I'm also from the Boston area, but it's been a long time since I've lived there because I've been in Spain for many years now.

It sounds like you've been doing your homework since you've seen that the school registration process is in the spring. Because you'll have missed the official registration time period you'll need to either go to the city hall or go to school board offices and ask how to sign your kids up. Among other papers they will require you to have a 'certificado de empadronamiento' for the whole family, which is a paper from the city hall which states that you are residing at such-and-such an address. To get that paper you'll need a rental contract. So until you have a place to live you won't be able to register your kids in school. 

I realize that you are trying to plan everything out well ahead of time and of course arranging for your children's education is a priority. But unfortunately this is something that just can't be arranged ahead of time. 

Good luck with your visa! Sorry that I can't hep you with that.


----------



## kdsb (May 3, 2015)

Thanks so much for the info. I am obviously a bit "Type A" since I am planning so far in advance, but I am also willing to be more flexible when necessary. I am fine with a last minute registration as long as my kids end up in the same school and it is near our home. 

From some data I found online, it looks like there are many schools in the area where we hope to live that are less popular, so hopefully we can land at one of them. I am not concerned about going to a less popular school. I work in education myself and know that popularity is not the same as quality, and this is a short term move for us so as long as there are nice teachers and kids speaking Spanish, we will be happy. 

My main concern about a late registration is that I've heard a lot of things shut down in the summer, so I'm wondering if it will be difficult to register in July or August. I may try making a call to the school department tomorrow, though get nervous speaking Spanish on the phone, even though I'm pretty fluent.


----------



## kalohi (May 6, 2012)

You should be fine if you try to register them in July.

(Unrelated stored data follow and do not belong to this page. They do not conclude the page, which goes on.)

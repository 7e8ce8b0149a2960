-- ===== src/Tests/Payments.antt =====
-- Subscriptions, their payments and coupons in the sample shop.
use Prim.Native.String.{String}
use campusassistant_api.Refund.Once.{refund_subscription_payment_once}
use campusassistant_api.Refund.{
  refund_subscription_payment, refund_found, create_refund, void_invoices,
}
use campusassistant_api.Base.{
  ℕ, pos, Bool, ◌≢◌, ◌≡◌, refl, ◌≤ℤ◌, true, false, Option, none, some, [], ◌∷◌, arith,
}
use campusassistant_api.Base.Word.{wrap, bits_of, signed}
use campusassistant_api.Base.Int.{◌+ℤ◌, ◌-ℤ◌, ◌*ℤ◌, div_100}
use campusassistant_api.Base.Table.{lookup}
use campusassistant_api.Domain.{
  err, BkashStatus, already_refunded, User, UserSubscription, GrantReason, Store, ok,
}
use campusassistant_api.Ledger.{
  reverse_journals, reverse_each, post_journal, sum_lines, journal_exists, append_journal,
}
use campusassistant_api.Billing.{
  record_subscription_payment, issue_invoice, create_invoice, next_invoice_number, bump_counter,
}
use campusassistant_api.Gateway.{paid_amount}
use campusassistant_api.Coupon.{validate_coupon, discounted, reserve_coupon, release_coupon}
use campusassistant_api.Coupon.Discount.{Accepts, validate_coupon_bounds}
use campusassistant_api.Coupon.Uses.{WithinLimits, reserve_release-WithinLimits}
use campusassistant_api.Subscription.{
  subscription_end, recompute_pro, grant_subscription, save_grant,
}
use campusassistant_api.Subscription.Expiry.{IsEnd, subscription_end-IsEnd}
use campusassistant_api.Subscription.Recomputed.{IsProUntil, recompute_pro-IsProUntil}
use campusassistant_api.Payment
use campusassistant_api.Payment.{fulfil_payment}
use campusassistant_api.Payment.Once.{fulfil_again}
use campusassistant_api.Tests.Samples.{bkash_tx, shop, monthly, half_off, bkash, confirmed}

validate_coupon_bounds_example :
    Accepts half_off 40 (pos 200) 1000 × (pos 0 ≤ℤ pos 100) × (pos 100 ≤ℤ pos 200)
unfolding validate_coupon discounted ◌*ℤ◌ ◌-ℤ◌ div_100
validate_coupon_bounds_example =
    validate_coupon_bounds half_off 40 (pos 200) 1000 (pos 100) (ground arith) (ground arith) refl

shop-WithinLimits : WithinLimits shop
shop-WithinLimits = λ k c h p. ground arith

reserve_release-WithinLimits_example :
    WithinLimits (reserve_coupon 60 shop).1 × WithinLimits (release_coupon 60 shop)
reserve_release-WithinLimits_example = reserve_release-WithinLimits 60 shop shop-WithinLimits

subscription_end-IsEnd_example :
    IsEnd 1000 true (some 5000) monthly (subscription_end 1000 true (some 5000) monthly)
subscription_end-IsEnd_example = subscription_end-IsEnd 1000 true (some 5000) monthly

abbrev running : UserSubscription
running = record {
  created_at = 1;
  user_id = 7;
  plan_id = 40;
  plan = "Monthly";
  price = pos 200;
  start_date = 1;
  granted_by = none;
  grant_reason = GrantReason.payment;
  note = "";
  end_date = some 2000;
  grace_ends_at = some 3000;
  refunded_at = none;
}

abbrev member : Store
member = record shop { subscriptions = (80, running) ∷ [] }

abbrev not_yet_pro : User
not_yet_pro = record {
  created_at = 1;
  university_id = none;
  department_id = none;
  is_pro = false;
  pro_expiry = none;
}

recompute_pro-IsProUntil_example :
    (is_pro : Bool) × (expiry : Option ℕ) × (lookup 7 (recompute_pro 7 member).users
      ≡ some (record not_yet_pro { is_pro = is_pro; pro_expiry = expiry }))
    × IsProUntil 7 1000 ((80, running) ∷ []) (is_pro, expiry)
    × ((other : ℕ)
        → other ≢ 7
        → lookup other (recompute_pro 7 member).users ≡ lookup other shop.users)
recompute_pro-IsProUntil_example = recompute_pro-IsProUntil 7 member not_yet_pro refl

granted_ok : (Payment.fulfil bkash "sub-1" confirmed shop).0 ≡ ok 100
unfolding Payment.fulfil Payment.settle_payment fulfil_payment grant_subscription paid_amount
    record_subscription_payment post_journal sum_lines wrap bits_of signed journal_exists
    issue_invoice create_invoice next_invoice_number bump_counter append_journal save_grant ◌+ℤ◌
granted_ok = refl

fulfil_again_example :
    let t = (Payment.fulfil bkash "sub-1" confirmed shop).1 in
    Payment.fulfil bkash "sub-1" confirmed t ≡ (ok 100, t)
fulfil_again_example = fulfil_again bkash "sub-1" confirmed confirmed shop granted_ok

-- The payment was flagged for review, and its refund is wired back by hand.
abbrev flagged_shop : Store
flagged_shop = record shop {
  bkash_txs = (50, record bkash_tx { status = BkashStatus.needs_review }) ∷ [];
}

abbrev untrimmed : String → String
untrimmed t = t

flagged_refund : (refund_subscription_payment untrimmed 1 50 "R1" "short" flagged_shop).0 ≡ ok tt
unfolding refund_subscription_payment refund_found reverse_journals reverse_each create_refund
    void_invoices recompute_pro
flagged_refund = refl

refund_subscription_payment_once_example :
    let t = (refund_subscription_payment untrimmed 1 50 "R1" "short" flagged_shop).1 in
    refund_subscription_payment untrimmed 2 50 "R2" "again" t ≡ (err already_refunded, t)
refund_subscription_payment_once_example =
    refund_subscription_payment_once untrimmed 1 2 50 "R1" "short" "R2" "again" flagged_shop refl
      flagged_refund

-- A refunded payment that bKash still calls completed grants again.
abbrev refunded_shop : Store
refunded_shop = record shop {
  bkash_txs = (50, record bkash_tx { status = BkashStatus.refunded }) ∷ [];
}

refunded_granted : (Payment.fulfil bkash "sub-1" confirmed refunded_shop).0 ≡ ok 100
unfolding Payment.fulfil Payment.settle_payment fulfil_payment grant_subscription paid_amount
    record_subscription_payment post_journal sum_lines wrap bits_of signed journal_exists
    issue_invoice create_invoice next_invoice_number bump_counter append_journal save_grant ◌+ℤ◌
refunded_granted = refl
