-- ===== src/Tests/Runs.antt =====
-- A run of requests in the sample shop.
use text.Mathlib.Text.{◌==◌ as str_eq}
use campusassistant_api.Base.{arith, pos, ◌≡◌, refl, true, some, List, [], ◌∷◌}
use campusassistant_api.Base.Table.{lookup}
use campusassistant_api.Base.Int.{◌+ℤ◌}
use campusassistant_api.Domain.{Order, OrderStatus, PaymentMethod}
use campusassistant_api.Ledger.Balanced.{total_debit, total_credit}
use campusassistant_api.Ledger.Books.{IsBooks}
use campusassistant_api.Service.{World, Request, run}
use campusassistant_api.Service.Runs.{Reaches, run-IsBooks, run-Reaches}
use campusassistant_api.Tests.Samples.{shop, tenth, bkash, order_in}

abbrev campus : World
campus = record {
  gateway = bkash;
  round_share = tenth;
  trim = λ t. t;
  same_city = λ a b. str_eq a b;
  same_code = λ a b. str_eq a b;
  days_left = λ n. n;
  is_bound = λ req. true;
  month_of = λ t. 0;
}

-- An order is paid, sent, delivered and refunded, and another is placed meanwhile.
abbrev requests : List Request
requests =
    Request.pay_with 7 "pay-1"
    ∷ Request.check_out 7 (record {
      address_id = 90;
      items = record { product_id = 1; quantity = pos 1 } ∷ [];
      payment_method = PaymentMethod.cash_on_delivery;
    })
    ∷ Request.move_to 20 OrderStatus.shipped 1
    ∷ Request.pass_time 100
    ∷ Request.move_to 20 OrderStatus.delivered 1
    ∷ Request.refund 1 20 "R1" "broken"
    ∷ []

shop-IsBooks : IsBooks shop
unfolding total_debit total_credit ◌+ℤ◌
shop-IsBooks = ground arith

run-IsBooks_example : IsBooks (run campus requests shop)
run-IsBooks_example = run-IsBooks campus requests shop shop-IsBooks

run-Reaches_example :
    (o : Order) × (lookup 20 (run campus requests shop).orders ≡ some o)
    × Reaches OrderStatus.pending_payment o.status
    × (OrderStatus.pending_payment ≡ OrderStatus.cancelled → o.status ≡ OrderStatus.cancelled)
run-Reaches_example =
    run-Reaches campus requests shop 20 (order_in OrderStatus.pending_payment) refl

But I have my doubts that you'd find the school department open in August - maybe a skeleton crew? The schools themselves would definitely be closed tight. At any rate on September 1st everything is always back to running full force, and you should be able to register your kids in just one day. 

Somewhere there should be a school where all 4 of your kids can go. They usually do their best to keep siblings together. Good luck!


----------



## ccm47 (Oct 15, 2013)

If you fancy letting the children learn to ride then I can recommend the ponyclubaragon.com at Utebo.
We took our horses to and from Murcia and had them overnight there. The facilities are superb, the horses well treated (not always the case in Spain), the kids who had lessons whilst we were there had fun,and their parents were able to enjoy a drink and meal at one of the two club bars.
By sleeping in our lorry on site we were able to see much more of the routine than a normal visitor as we wandered around on our own to the showers etc. and all we found was good.
At least a couple of the instructors speak English and everybody we spoke to (in very poor Spanish on the way down) was very friendly.


----------



## Chopera (Apr 22, 2013)

kdsb said:


> Thanks so much for the info. I am obviously a bit "Type A" since I am planning so far in advance, but I am also willing to be more flexible when necessary. I am fine with a last minute registration as long as my kids end up in the same school and it is near our home.
> 
> From some data I found online, it looks like there are many schools in the area where we hope to live that are less popular, so hopefully we can land at one of them. I am not concerned about going to a less popular school. I work in education myself and know that popularity is not the same as quality, and this is a short term move for us so as long as there are nice teachers and kids speaking Spanish, we will be happy.
> 
> My main concern about a late registration is that I've heard a lot of things shut down in the summer, so I'm wondering if it will be difficult to register in July or August. I may try making a call to the school department tomorrow, though get nervous speaking Spanish on the phone, even though I'm pretty fluent.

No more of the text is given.